Boy, their weight can be all over the place! I've had three Chis, one weighed four pounds, one weighed 12 pounds, and Kozanna weighs six pounds. First two were AKC registered. Kozanna is a puppy mill rescue, but purported to be full Chi with papers that we never received, of course. She does look like a Chihuahua.


----------



## BABY BABS (Feb 5, 2008)

My guess is that breeding is not an exact science. Even though you breed the same two dogs together twice, does not mean you will get the same number of pups, colors or sizes. My Lovee's (8.2 lbs) mom is only 7lbs her dad is only 4.5 and she had two siblings, which were both bigger than her at birth, one is 4.5 and the other 3.5. Lovee isn't overweight but she is a good 1.5inch taller than Babs. Her legs are very long and much heavier that Babs. Babs has such delicate feet and legs, I worry about her breaking something, but Lovee has good sturdy legs. Theyhold up to Babs chewing on them quite well. lol


----------



## Harley's Mom (Feb 5, 2009)

Harley was 6.9 lbs at his neuter appointment but I know he has grown since then and would say he is probably closer to 8-9 lbs now.

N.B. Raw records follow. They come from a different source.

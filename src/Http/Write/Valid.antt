-- ===== src/Http/Write/Valid.antt =====
-- Every call of `do_write` leaves a valid parser valid.
use remotedev.Base.{
  ◌&&◌, leb, ℕ, ◌+◌, ◌-◌, ◌≡◌, refl, Bool, true, false, not, Option, none, some, [], ◌∷◌, Bytes,
  length, take, drop, ltb, ◌==◌, both_branches,
}
use remotedev.Http.Scan.{
  Scan, ok, no, fault, Found, found, missing, bad, find_eol, find_eom, parse_crlf, parse_hex,
}
use remotedev.Http.Parser.{
  Error, bad_chunk, Parser, ParseState, header, body, body_to_eof, chunk_header, chunk_body,
  complete, Step, do_complete, maybe_do_body_indirect, parse_body, parse_body_to_eof,
  parse_chunk_body,
}
use remotedev.Http.Parser.Valid.{
  IsValid, IsValid-keep, do_complete-IsValid, maybe_do_body_indirect-IsValid, parse_body-IsValid,
  parse_body_to_eof-IsValid, parse_chunk_body-IsValid,
}
use remotedev.Http.Outcome.{Outcome, done, err, undefined, Receiver, After, leave}
use remotedev.Http.Fields.{parse_fields}
use remotedev.Http.Fields.Valid.{call-IsValid, parse_fields-IsValid}
use remotedev.Http.Header.{Side}
use remotedev.Http.Header.Valid.{parse_header-IsValid}
use remotedev.Http.Write.{
  of_ec, at_extension, got_some_if, chunk_follows, data_chunk, after_trailer, trailer,
  after_last_line, after_last_search, last_chunk, after_size, after_eol, last_size, chunk_size,
  after_expected, parse_chunk_header, after_body, with_body, write_in, do_write,
}

-- A parser that expects chunks.
abbrev IsChunked : Parser → Type 0
IsChunked p = IsValid p × (p.f.chunked ≡ true)

of_ec-IsValid :
    {D : Type 0} (e : Option Error) (s : Step D) → IsValid s.parser → IsValid (of_ec e s).parser
unfolding of_ec
of_ec-IsValid none s h = h
of_ec-IsValid (some e) s h = h

got_some_if-IsValid : (b : Bool) (p : Parser) → IsValid p → IsValid (got_some_if b p)
unfolding got_some_if
got_some_if-IsValid false p h = h
got_some_if-IsValid true p h = IsValid-keep p (got_some_if true p) refl refl refl refl h

module _ {D : Type 0} (impl : Receiver D) where
  chunk_follows-IsValid :
      (v used : ℕ) (p : Parser) (d : D)
      → IsChunked p
      → IsValid (chunk_follows impl v used p d).parser
  unfolding chunk_follows
  chunk_follows-IsValid v used p d h = (h.0.0, h.1)

  data_chunk-IsValid :
      (v : ℕ) (q : Bytes) (k used : ℕ) (p : Parser) (d : D)
      → IsChunked p
      → IsValid (data_chunk impl v q k used p d).parser
  unfolding data_chunk
  data_chunk-IsValid v q k used p d h =
      let p' : Parser = record p { ext = take (k - 2) q } in
      let h' : IsValid p' = IsValid-keep p p' refl refl refl refl h.0 in
      let V = λ (a : After D ℕ). IsValid a.parser in
      both_branches V (at_extension q) _ _
        (λ _.
          call-IsValid impl (impl.on_chunk v (take (k - 2) q) d) p' (chunk_follows impl v used p')
            h' (λ d'. chunk_follows-IsValid v used p' d' (h', h.1)))
        (λ _.
          both_branches V (not (k == 2)) (leave (err bad_chunk) p d) (chunk_follows impl v used p d)
            (λ _. h.0) (λ _. chunk_follows-IsValid v used p d h))

  after_trailer-IsValid :
      (used : ℕ) (o : Outcome Bytes) (p : Parser) (d : D)
      → IsValid p
      → IsValid (after_trailer impl used o p d).parser
  unfolding after_trailer
  after_trailer-IsValid used undefined p d h = h
  after_trailer-IsValid used (err e) p d h = h
  after_trailer-IsValid used (done []) p d h =
      let s = do_complete impl.events p d in
      of_ec-IsValid s.ec (record s { used = used }) (do_complete-IsValid impl.events p d h)
  after_trailer-IsValid used (done (x ∷ r)) p d h = h

  after_last_line-IsValid :
      (m : Scan ℕ) (used : ℕ) (p : Parser) (d : D)
      → IsValid p
      → IsValid (after_last_line impl m used p d).parser
  unfolding after_last_line trailer
  after_last_line-IsValid fault used p d h = h
  after_last_line-IsValid no used p d h = h
  after_last_line-IsValid (ok _ it) used p d h =
      let r = parse_fields impl it p d in
      after_trailer-IsValid used r.outcome r.parser r.derived_state
        (parse_fields-IsValid impl it p d h)

  after_last_search-IsValid :
      (input : Bytes) (n at : ℕ) (f : Found) (p : Parser) (d : D)
      → IsValid p
      → IsValid (after_last_search impl input n at f p d).parser
  unfolding after_last_search
  after_last_search-IsValid input n at bad p d h = h
  after_last_search-IsValid input n at missing p d h =
      both_branches IsValid (ltb 3 n) (record p { skip = length input - 3 }) p
        (λ _. IsValid-keep p (record p { skip = length input - 3 }) refl refl refl refl h) (λ _. h)
  after_last_search-IsValid input n at (found k) p d h =
      let ext = take (p.x - at) (drop at input) in
      let p' : Parser = record p { ext = ext } in
      let h' : IsValid p' = IsValid-keep p p' refl refl refl refl h in
      let used = p.skip + k in
      let m = take used input in
      both_branches (λ (a : After D ℕ). IsValid a.parser) (at_extension (drop at input)) _ _
        (λ _.
          both_branches (λ (a : After D ℕ). IsValid a.parser) (leb at p.x && leb p.x (length input))
            _ (leave undefined p d)
            (λ _.
              call-IsValid impl (impl.on_chunk 0 ext d) p'
                (after_last_line impl (parse_crlf (drop p.x m)) used p') h'
                (λ d'. after_last_line-IsValid (parse_crlf (drop p.x m)) used p' d' h'))
            (λ _. h))
        (λ _. after_last_line-IsValid (parse_crlf (drop at m)) used p d h)

  last_chunk-IsValid :
      (input : Bytes) (n at : ℕ) (p : Parser) (d : D)
      → IsValid p
      → IsValid (last_chunk impl input n at p d).parser
  unfolding last_chunk
  last_chunk-IsValid input n at p d h =
      both_branches (λ (a : After D ℕ). IsValid a.parser) (ltb (length input) p.skip)
        (leave undefined p d) (after_last_search impl input n at (find_eom (drop p.skip input)) p d)
        (λ _. h) (λ _. after_last_search-IsValid input n at (find_eom (drop p.skip input)) p d h)

  after_size-IsValid :
      (input r : Bytes) (n k : ℕ) (m : Scan ℕ) (p : Parser) (d : D)
      → IsChunked p
      → IsValid (after_size impl input r n k m p d).parser
  unfolding after_size
  after_size-IsValid input r n k fault p d h = h.0
  after_size-IsValid input r n k no p d h = h.0
  after_size-IsValid input r n k (ok v q) p d h =
      let start = length input - n in
      let x = start + k - 2 in
      let final : Parser = record p { x = x; skip = x; f = record (p.f) { final_chunk = true } } in
      both_branches (λ (a : After D ℕ). IsValid a.parser) (not (v == 0)) _ _
        (λ _. data_chunk-IsValid v q (k - (length r - length q)) (start + k) p d h)
        (λ _.
          last_chunk-IsValid input n (length input - length q) final d
            (IsValid-keep p final refl refl refl refl h.0))

  after_eol-IsValid :
      (input r : Bytes) (n : ℕ) (f : Found) (p : Parser) (d : D)
      → IsChunked p
      → IsValid (after_eol impl input r n f p d).parser
  unfolding after_eol
  after_eol-IsValid input r n bad p d h = h.0
  after_eol-IsValid input r n missing p d h =
      IsValid-keep p (record p { skip = n - 1 }) refl refl refl refl h.0
  after_eol-IsValid input r n (found j) p d h =
      after_size-IsValid input r n (p.skip + j) (parse_hex r) p d h

  last_size-IsValid :
      (input : Bytes) (n : ℕ) (m : Scan ℕ) (p : Parser) (d : D)
      → IsValid p
      → IsValid (last_size impl input n m p d).parser
  unfolding last_size
  last_size-IsValid input n (ok v q) p d h =
      both_branches (λ (a : After D ℕ). IsValid a.parser) (v == 0)
        (last_chunk impl input n (length input - length q) p d) (leave undefined p d)
        (λ _. last_chunk-IsValid input n (length input - length q) p d h) (λ _. h)
  last_size-IsValid input n no p d h = h
  last_size-IsValid input n fault p d h = h

  chunk_size-IsValid :
      (input r : Bytes) (n : ℕ) (p : Parser) (d : D)
      → IsChunked p
      → IsValid (chunk_size impl input r n p d).parser
  unfolding chunk_size
  chunk_size-IsValid input r n p d h =
      let V = λ (a : After D ℕ). IsValid a.parser in
      both_branches V p.f.final_chunk _ _ (λ _. last_size-IsValid input n (parse_hex r) p d h.0)
        λ _.
          both_branches V (ltb n 2) (leave (done 0) p d) _ (λ _. h.0)
            (λ _.
              both_branches V (ltb n p.skip) (leave undefined p d)
                (after_eol impl input r n (find_eol (drop p.skip r)) p d) (λ _. h.0)
                (λ _. after_eol-IsValid input r n (find_eol (drop p.skip r)) p d h))

  after_expected-IsValid :
      (input : Bytes) (n : ℕ) (m : Scan ℕ) (p : Parser) (d : D)
      → IsChunked p
      → IsValid (after_expected impl input n m p d).parser
  unfolding after_expected
  after_expected-IsValid input n fault p d h = h.0
  after_expected-IsValid input n no p d h = h.0
  after_expected-IsValid input n (ok _ r) p d h = chunk_size-IsValid input r (n - 2) p d h

  parse_chunk_header-IsValid :
      (input : Bytes) (p : Parser) (d : D)
      → IsChunked p
      → IsValid (parse_chunk_header impl input p d).parser
  unfolding parse_chunk_header
  parse_chunk_header-IsValid input p d h =
      let V = λ (a : After D ℕ). IsValid a.parser in
      let n = length input in
      both_branches V p.f.expect_crlf _ _
        (λ _.
          both_branches V (ltb n 2) (leave (done 0) p d)
            (after_expected impl input n (parse_crlf input) p d) (λ _. h.0)
            (λ _. after_expected-IsValid input n (parse_crlf input) p d h))
        (λ _. chunk_size-IsValid input input n p d h)

  after_body-IsValid :
      (e : Option Error) (p : Parser) (d : D) (rest : Parser → D → After D ℕ)
      → IsValid p
      → IsValid (rest p d).parser
      → IsValid (after_body impl e p d rest).parser
  unfolding after_body
  after_body-IsValid none p d rest h k = k
  after_body-IsValid (some e) p d rest h k = h

  -- The step before a body does not change the flags of the framing.
  maybe_do_body_chunked :
      (p : Parser) (d : D)
      → p.f.chunked ≡ true
      → (maybe_do_body_indirect impl.events p d).parser.f.chunked ≡ true
  unfolding maybe_do_body_indirect
  maybe_do_body_chunked p d h =
      both_branches (λ (s : Step D). s.parser.f.chunked ≡ true) p.f.on_body _ _ (λ _. h) (λ _. h)

  write_in-IsValid :
      (s : ParseState) (side : Side) (input : Bytes) (p : Parser) (d : D)
      → p.state ≡ s
      → IsValid p
      → IsValid (write_in impl s side input p d).parser
  unfolding write_in with_body got_some_if
  write_in-IsValid header side input p d e h =
      parse_header-IsValid impl side input (got_some_if (ltb 0 (length input)) p) d
        (got_some_if-IsValid (ltb 0 (length input)) p h)
  write_in-IsValid body side input p d e h =
      let s = maybe_do_body_indirect impl.events p d in
      let v = maybe_do_body_indirect-IsValid impl.events p d h in
      after_body-IsValid s.ec s.parser s.derived_state _ v (
        let t = parse_body impl.events input s.parser s.derived_state in
        of_ec-IsValid t.ec t (parse_body-IsValid impl.events input s.parser s.derived_state v))
  write_in-IsValid body_to_eof side input p d e h =
      let s = maybe_do_body_indirect impl.events p d in
      let v = maybe_do_body_indirect-IsValid impl.events p d h in
      after_body-IsValid s.ec s.parser s.derived_state _ v (
        let t = parse_body_to_eof impl.events input s.parser s.derived_state in
        of_ec-IsValid t.ec t
          (parse_body_to_eof-IsValid impl.events input s.parser s.derived_state v))
  write_in-IsValid chunk_header side input p d e h =
      let s = maybe_do_body_indirect impl.events p d in
      let v = maybe_do_body_indirect-IsValid impl.events p d h in
      let c = maybe_do_body_chunked p d (rw e at h.1) in
      after_body-IsValid s.ec s.parser s.derived_state (parse_chunk_header impl input) v
        (parse_chunk_header-IsValid input s.parser s.derived_state (v, c))
  write_in-IsValid chunk_body side input p d e h =
      let t = parse_chunk_body impl.events input p d in
      of_ec-IsValid t.ec t (parse_chunk_body-IsValid impl.events input p d e h)
  write_in-IsValid complete side input p d e h = h

  -- Whatever it is given, each call of `do_write` leaves a parser that has not both a length and chunks
  -- for a body valid: where its state is that of a body, the flag of that kind of body is set.
  pub do_write-IsValid :
      (side : Side) (input : Bytes) (p : Parser) (d : D)
      → IsValid p
      → IsValid (do_write impl side input p d).parser
  unfolding do_write
  do_write-IsValid side input p d h = write_in-IsValid p.state side input p d refl h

Simon is probably about 4-5 lbs at 5 months. If the calculation is correct, Simon will be about 6 lbs full grown. No matter to me what size they are, I love them just the same.


----------



## lynx8456 (Feb 26, 2009)

Jasper is 8lbs 5 oz @ 7 months old!


----------



## 3l3ctric (Apr 5, 2009)

I don't have much experience with the weight chart, but just to give you another example- My boy was exactly 3.3lb at 3 months, but is now 5.5-5.8lb fully grown. So that's almost double. His weight may still fluctuate a bit though, since he has different habits in the winter vs. summer.


----------



## toby'smom (Jun 11, 2006)

Toby is a lean 11.2 pounder. he is a big boy. very nice looking if I say so myself. Sasha we have had for four months today and she is 9.2 pounds. she is overweight tho and should be around 7 the vet said. We will have to start her on an exercise plan!!!!


----------



## huskyluv (Oct 24, 2008)

I just weighed our Faith today and she came in at 6.9 lbs and she'll be 4 years old in May. She can stand to lose a little weight and I have her on a nice walking schedule to slim her up just a tad.


----------



## iheartchanel (Mar 22, 2009)

My roommate's boyfriend has a chi that's almost twice the size of my 5.5lb furbaby. I've never seen a chihuahua that big before and I definitely prefer one I can carry around. With three small children in the house though, its easier to only have to worry about one being tiny enough to get hurt. She's usually by my side though. We haven't had any issues with the kids.


----------



## Radar_Love (Dec 19, 2007)

Both my boys are over the standard weight. Radar is 7 pounds and Rebel is at 9 pounds.


----------



## ahra1284 (Sep 3, 2008)

bam weighed 2.5lbs when i brougth him home at 8 weeks, then around 3lbs at 12 weeks. He now weighs around 8lbs. he still feels tiny to me


----------



## 3l3ctric (Apr 5, 2009)

It's funny to see them grow  My Oliver is 11 months now, but I can still remember the days that I could scoop him up with my palm, no effort necessary. A little later and I needed to carry him more on my arm... and now he gets carted around like a football hahah (carefully, of course). 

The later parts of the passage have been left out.